In June 2025, a paper in Health Policy – What are the policy options for regulating private equity involvement in health care? A review of policies implemented or considered in seven high-income countries – identified examples of policy options for regulating private equity activity. Few options the researchers identified had actually been implemented, but those that had and those proposed included: disclosure, such as requiring notification to the government of companies existence or activity; regulation, including of quality of care, and prohibition of certain company types being involved in healthcare.
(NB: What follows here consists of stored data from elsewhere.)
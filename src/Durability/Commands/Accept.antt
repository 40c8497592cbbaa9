-- ===== src/Durability/Commands/Accept.antt =====
-- `accept_run`: a new run, or the replay of a request that was accepted before.
use aegis_framework_platform.Base.{
  or_raise, String, Bool, true, Option, none, some, List, not, ◌==◌, if◌then◌else◌, string_eq,
  pair_eq, ℕ, idempotency_conflict, key_error, Result, ok, err, Action,
}
use aegis_framework_platform.Base.Dict.{get, put, pop}
use aegis_framework_platform.Runtime.{Runtime}
use aegis_framework_platform.Durability.{Durability, ApplicationEvent, IdempotencyRecord, RunView}
use aegis_framework_platform.Durability.Append.{Batch, append_locked}
use aegis_framework_platform.Durability.Commands.{
  IdentityContext, InvestigationRequest, run_fingerprint, new_run_id, run_batch,
}

abbrev pub as_replayed : RunView → RunView
as_replayed view = record view { replayed = true }

-- `self._runs[key].model_copy(update={"replayed": True})`
unfoldable pub replay_of : Option RunView → Result RunView
replay_of none = err key_error
replay_of (some view) = ok (as_replayed view)

unfoldable pub replay_run : IdempotencyRecord → String → String → Action Durability RunView
unfolding replay_of
replay_run existing tenant_id fingerprint s =
    if not (existing.fingerprint == fingerprint)
    then (err idempotency_conflict, s)
    else (replay_of (get (tenant_id, existing.run_id) s.runs), s)

-- `except Exception: self._idempotency.pop(key, None); raise`
unfoldable pub finish_run :
    String × String
    → String × String
    → Result (List ApplicationEvent) × Durability
    → Result RunView × Durability
unfolding or_raise
finish_run key run_key (err e, s) = (err e, record s { idempotency = pop key s.idempotency })
finish_run key run_key (ok _, s) = (or_raise (get run_key s.runs) key_error, s)

module _ (rt : Runtime) where
  unfoldable pub start_run :
      String × String → String → String → Result Batch → Action Durability RunView
  unfolding finish_run
  start_run key fingerprint run_id (err e) s = (err e, s)
  start_run key fingerprint run_id (ok batch) s =
      finish_run key (key.0, run_id)
        (append_locked rt batch (record s {
          idempotency =
              put key (record { fingerprint = fingerprint; run_id = run_id }) s.idempotency;
        }))

  unfoldable pub accept_known :
      IdentityContext
      → InvestigationRequest
      → Bool
      → ℕ
      → Option IdempotencyRecord
      → Action Durability RunView
  unfolding replay_run start_run
  accept_known identity request wait_for_signal now (some existing) s =
      replay_run existing identity.tenant_id (run_fingerprint rt request wait_for_signal) s
  accept_known identity request wait_for_signal now none s =
      start_run (identity.tenant_id, identity.request_id)
        (run_fingerprint rt request wait_for_signal) (new_run_id rt identity request)
        (run_batch rt identity request wait_for_signal now) s

  unfoldable pub accept_run :
      IdentityContext → InvestigationRequest → Bool → ℕ → Action Durability RunView
  unfolding accept_known
  accept_run identity request wait_for_signal now s =
      accept_known identity request wait_for_signal now
        (get (identity.tenant_id, identity.request_id) s.idempotency) s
The paper includes approaches in the USA, Canada, Finland, France, Germany, Ireland, and The Netherlands.
The paper did not consider the UK. Here despite considerable evidence of private equity’s negative effect on the care and education sectors and its interest in the healthcare sector, little has been done to prevent private equity siphoning off vast amounts of money from the NHS via healthcare companies with NHS contracts.
Labour pledged in its election manifesto to close the “loophole” involving private equity whereby carried interest – the cut of gains private equity investors make on successful deals – is treated as capital gains not income for tax purposes.
In April this year, Chancellor Rachel Reeves raised the tax rate on carried interest from 28% to 32%. The government is planning to treat carried interest as income for tax purposes, rather than capital gains, from April 2026.
The proposed new regime would have meant that fund managers would have carried interest taxed at an effective rate 34.1%, higher than before but still much lower than the 45% additional rate of income tax.
In June 2025, after consulting on the proposed regime, the Treasury said that the government would drop a proposal that would have made it more difficult for executives to qualify for the 34.1% rate and a proposal of co-investment, whereby executives would be required to place a minimum amount of their own cash in their funds.
The FT reported that these new concessions to private equity firms followed warnings the reform would damage British competitiveness.
Talking to the FT Dan Neidle, founder of the think-tank Tax Policy Associates, said the government concessions represented a “significant climbdown” by ministers, saying the industry’s “highly organised lobbying effort” had “got some big wins”.
He added that “the government has dropped the requirement for ‘co-investment’ means that people can continue to invest a nominal amount, receive a massive return, and achieve that discounted tax rate.”
So to date, little has been done to rein in the business practices of private equity companies and they will continue to target healthcare firms which in the UK inevitably this means firms that will either have or be interested in gaining contracts from the NHS. As ICBs desperately try to reduce costs by cutting services, the money they pay to companies owned by private equity will continue to go to service debt or leave the country.
The only sure way to keep private equity out of the NHS is to not award the contracts to private companies in the first place.